* Problem description
Scan the entries below for the word "shows". Copy out every line in which it occurs.

══ Supplied data ══

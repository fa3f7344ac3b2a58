-- ===== src/Cleaner/Drain/Passes.antt =====
-- internal/cleaner/cleaner.go: what a pass of drainChat deletes, over a chat that nothing
-- else changes.
use langolier_bot.Base.{
  ℕ, suc, ◌+◌, ◌-◌, ◌≤◌, ◌<◌, Bool, true, false, not, ◌&&◌, Option, none, some, List, [], ◌∷◌, ◌++◌,
  ◌≡◌, refl, sym, ap, ◌∙◌, subst, arith, length, take, nat_eq, nat_beq, ltb, leb, if◌then◌else◌,
  All, take-nil, length-append, ◌⊎◌,
}
use mathlib.Core.List.{append_assoc, append-nil}
use langolier_bot.Base.Int.{ℤ}
use langolier_bot.Base.Text.{Text}
use langolier_bot.Base.Calls.{Visit}
use langolier_bot.Tgclient.Group.{Group}
use langolier_bot.Tgclient.Scan.History.{IsHistory, All-split}
use langolier_bot.Cleaner.Env.{Tg, Host}
use langolier_bot.Cleaner.State.{Cleaner}
use langolier_bot.Cleaner.Sweep.{Report, settle, delete_ids, due_ids, is_due}
use langolier_bot.Cleaner.Drain.{
  merge_report, index_all, drain_pass, after_delete, after_wait, after_scan, after_scanning, Pass,
  stop, again, oldest_from,
}
use langolier_bot.Cleaner.Deleting.{keep-none}
use langolier_bot.Cleaner.Drain.Windows.{
  ids_of, leave, oldest-bounds, take_window, due_ids_window, leave_window,
}

-- A chat whose own messages are `own`: the search shows the newest `window` of them, the server
-- deletes what it is asked to delete, nothing else changes them, and no context is done.
pub record IsQuiet {W : Type 0} (tg : Tg W) (host : Host W) (marked : ℤ) (g : Group) (window : ℕ)
    (own : W → List Visit) : Type 0 where
  pub finds : (w : W) → tg.group w marked ≡ some g
  pub scans : (w : W) → (tg.scan_own g w).0 ≡ (take window (own w), none)
  pub scan_keeps : (w : W) → own (tg.scan_own g w).1 ≡ own w
  pub deletes : (ids : List ℕ) (w : W) → (tg.delete g ids w).0 ≡ ([], none)
  pub delete_leaves : (ids : List ℕ) (w : W) → own (tg.delete g ids w).1 ≡ leave ids (own w)
  pub alive : (w : W) → host.ctx_err w ≡ none
  pub waits : (d : ℕ) (w : W) → (host.wait d w).0 ≡ none
  pub wait_keeps : (d : ℕ) (w : W) → own (host.wait d w).1 ≡ own w

-- Whatever the clock shows.
abbrev pub AlwaysDue : {W : Type 0} → Host W → ℤ → Bool → List Visit → Type 0
AlwaysDue {W} host t b visits = (w : W) → All (λ (v : Visit). is_due t (host.now w) v.1 ≡ b) visits

length-ids_of : (visits : List Visit) → length (ids_of visits) ≡ length visits
length-ids_of [] = refl
length-ids_of (v ∷ visits) = omega (arith, length-ids_of visits)

module _ {W : Type 0} (tg : Tg W) (host : Host W) (marked : ℤ) (g : Group) (window : ℕ)
    (own : W → List Visit) (s : IsQuiet tg host marked g window own) where
  -- What a pass ends in that sees the due messages `seen`, and not `rest`.
  abbrev pub Ends : List Visit → List Visit → ℕ → Pass W → Type 0
  Ends left rest n (stop rep err c w) = ⊥
  Ends left rest n (again rep oldest c w) =
      (rep.deleted ≡ n) × (own w ≡ left) × All (λ (v : Visit). v.0 < oldest) rest

  after_wait-Ends :
      (left rest : List Visit) (n : ℕ) (rep : Report) (oldest : ℕ) (c : Cleaner)
      (r : Option Text × W)
      → r.0 ≡ none
      → Ends left rest n (again rep oldest c r.1)
      → Ends left rest n (after_wait tg host rep oldest c r)
  after_wait-Ends left rest n rep oldest c (none, w) e h = h
  after_wait-Ends left rest n rep oldest c (some x, w) e h = absurd cc

  after_delete-Ends :
      (left rest : List Visit) (prev oldest : ℕ) (rep : Report) (d : ℕ) (r : Report × Cleaner × W)
      → r.0.deleted ≡ suc d
      → (prev ≡ 0) ⊎ (oldest < prev)
      → own r.2 ≡ left
      → All (λ (v : Visit). v.0 < oldest) rest
      → Ends left rest (rep.deleted + suc d) (after_delete tg host prev oldest rep r)
  unfolding merge_report
  after_delete-Ends left rest prev oldest rep d (pr, c, w) e o l q =
      let counted : (rep.deleted + pr.deleted ≡ rep.deleted + suc d) = omega arith in
      let some_deleted : (nat_beq pr.deleted 0 ≡ false) = ground arith in
      let recedes : ((not (nat_beq prev 0) && leb prev oldest) ≡ false) = ground arith in
      rw (some_deleted, recedes)
        (elim (ltb 0 c.drain_pause)
          as (λ b. Ends left rest (rep.deleted + suc d) (
            if b
            then after_wait tg host (merge_report rep pr) oldest c (host.wait c.drain_pause w)
            else again (merge_report rep pr) oldest c w)) [
              | true ↦
                  after_wait-Ends left rest _ (merge_report rep pr) oldest c
                    (host.wait c.drain_pause w) (s.waits c.drain_pause w)
                    (counted, s.wait_keeps c.drain_pause w ∙ l, q)
              | false ↦ (counted, l, q)
            ])

  -- deleteIDs deletes all that it is given.
  delete_all :
      (id : ℕ) (ids : List ℕ) (c : Cleaner) (w : W)
      → let r = delete_ids tg marked (id ∷ ids) c w in
        (r.0.deleted ≡ suc (length ids)) × (own r.2 ≡ leave (id ∷ ids) (own w))
  unfolding delete_ids settle
  delete_all id ids c w =
      let bad = (tg.delete g (id ∷ ids) w).0.0 in
      rw (s.finds w) (
        ap (length {A = ℕ}) (
            keep-none bad (id ∷ ids)
              (ap (λ (r : List ℕ × Option Text). r.0) (s.deletes (id ∷ ids) w))),
        s.delete_leaves (id ∷ ids) w,
      )

  -- A pass that sees the young messages and some that are due deletes those, and another one follows.
  module _ (young more rest : List Visit) (d : Visit) (t : ℤ)
      (h : IsHistory (young ++ ((d ∷ more) ++ rest))) (hy : AlwaysDue host t false young)
      (hd : AlwaysDue host t true (d ∷ more)) where
    seen : List Visit
    seen = young ++ (d ∷ more)

    oldest-seen : (oldest_from 0 seen ≤ d.0) × All (λ (v : Visit). v.0 < oldest_from 0 seen) rest
    unfolding seen
    oldest-seen =
        let (le, behind) =
          oldest-bounds seen rest (omega (arith, length-append young (d ∷ more)))
            (subst IsHistory (sym (append_assoc young (d ∷ more) rest)) h) in
        ((All-split (λ (v : Visit). oldest_from 0 seen ≤ v.0) young (d ∷ more) le).1.0, behind)

    after_scan-Ends :
        (prev : ℕ) (rep : Report) (c : Cleaner) (w : W) (expired : List ℕ)
        → expired ≡ ids_of (d ∷ more)
        → own w ≡ young ++ ((d ∷ more) ++ rest)
        → (prev ≡ 0) ⊎ (d.0 < prev)
        → Ends
            (young ++ rest)
            rest
            (rep.deleted + suc (length more))
            (after_scan tg host marked prev (oldest_from 0 seen) rep expired c w)
    after_scan-Ends prev rep c w expired e o q =
        rw (e, after_scan)
          (let (all, leaves) = delete_all d.0 (ids_of more) c w in
            after_delete-Ends (young ++ rest) rest prev (oldest_from 0 seen) rep (length more)
              (delete_ids tg marked (ids_of (d ∷ more)) c w)
              (all ∙ ap (λ n. suc n) (length-ids_of more)) (ground (arith, oldest-seen.0))
              (leaves ∙ (rw o (leave_window young (d ∷ more) rest h))) oldest-seen.1)

    after_scanning-Ends :
        (now prev : ℕ) (rep : Report) (c : Cleaner) (r : (List Visit × Option Text) × W)
        → r.0 ≡ (seen, none)
        → due_ids t now seen ≡ ids_of (d ∷ more)
        → own r.1 ≡ young ++ ((d ∷ more) ++ rest)
        → (prev ≡ 0) ⊎ (d.0 < prev)
        → Ends
            (young ++ rest)
            rest
            (rep.deleted + suc (length more))
            (after_scanning tg host marked t now prev rep c r)
    after_scanning-Ends now prev rep c ((visits, some x), w) e k o q = absurd cc
    after_scanning-Ends now prev rep c ((visits, none), w) e k o q =
        let v : (visits ≡ seen) = ap (λ (r : List Visit × Option Text). r.0) e in
        rw v (after_scan-Ends prev rep (index_all marked seen c) w (due_ids t now seen) k o q)

    pub pass-Ends :
        (prev : ℕ) (rep : Report) (c : Cleaner) (w : W)
        → own w ≡ young ++ ((d ∷ more) ++ rest)
        → take window (own w) ≡ young ++ (d ∷ more)
        → (prev ≡ 0) ⊎ (d.0 < prev)
        → Ends
            (young ++ rest)
            rest
            (rep.deleted + suc (length more))
            (drain_pass tg host g marked t prev rep c w)
    unfolding drain_pass seen
    pass-Ends prev rep c w o sees q =
        rw (s.alive w, drain_pass)
          (after_scanning-Ends (host.now w) prev rep c (tg.scan_own g w)
            (s.scans w ∙ ap (λ vs. (vs, none)) sees)
            (due_ids_window t (host.now w) young (d ∷ more) (hy w) (hd w)) (s.scan_keeps w ∙ o) q)

  -- A pass that sees no message that is due is the last one.
  abbrev pub Stops : List Visit → ℕ → Pass W → Type 0
  Stops left n (stop rep err c w) = (err ≡ none) × (rep.deleted ≡ n) × (own w ≡ left)
  Stops left n (again rep oldest c w) = ⊥

  after_scan-Stops :
      (young : List Visit) (prev oldest : ℕ) (rep : Report) (c : Cleaner) (w : W) (expired : List ℕ)
      → expired ≡ []
      → own w ≡ young
      → Stops young rep.deleted (after_scan tg host marked prev oldest rep expired c w)
  after_scan-Stops young prev oldest rep c w [] e o = (refl, refl, o)
  after_scan-Stops young prev oldest rep c w (id ∷ expired) e o = absurd cc

  after_scanning-Stops :
      (young : List Visit) (t : ℤ) (now prev : ℕ) (rep : Report) (c : Cleaner)
      (r : (List Visit × Option Text) × W)
      → r.0.1 ≡ none
      → due_ids t now r.0.0 ≡ []
      → own r.1 ≡ young
      → Stops young rep.deleted (after_scanning tg host marked t now prev rep c r)
  after_scanning-Stops young t now prev rep c ((visits, some x), w) e k o = absurd cc
  after_scanning-Stops young t now prev rep c ((visits, none), w) e k o =
      after_scan-Stops young prev (oldest_from 0 visits) rep (index_all marked visits c) w
        (due_ids t now visits) k o

  pub last-Stops :
      (young : List Visit) (t : ℤ) (prev : ℕ) (rep : Report) (c : Cleaner) (w : W)
      → length young ≤ window
      → AlwaysDue host t false young
      → own w ≡ young ++ []
      → Stops young rep.deleted (drain_pass tg host g marked t prev rep c w)
  unfolding drain_pass
  last-Stops young t prev rep c w le hy o =
      let sees : ((tg.scan_own g w).0.0 ≡ young ++ []) =
        ap (λ (r : List Visit × Option Text). r.0) (s.scans w)
        ∙ (rw o (
            take_window window young [] le
            ∙ ap (λ vs. young ++ vs) (take-nil (window - length young)))) in
      rw (s.alive w, drain_pass)
        (after_scanning-Stops young t (host.now w) prev rep c (tg.scan_own g w)
          (ap (λ (r : List Visit × Option Text). r.1) (s.scans w))
          (rw sees (due_ids_window t (host.now w) young [] (hy w) tt))
          (s.scan_keeps w ∙ (o ∙ append-nil young)))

═══

* Answer space
-- A chat whose own messages are `own`: the search shows the newest `window` of them, the server
-- Whatever the clock shows.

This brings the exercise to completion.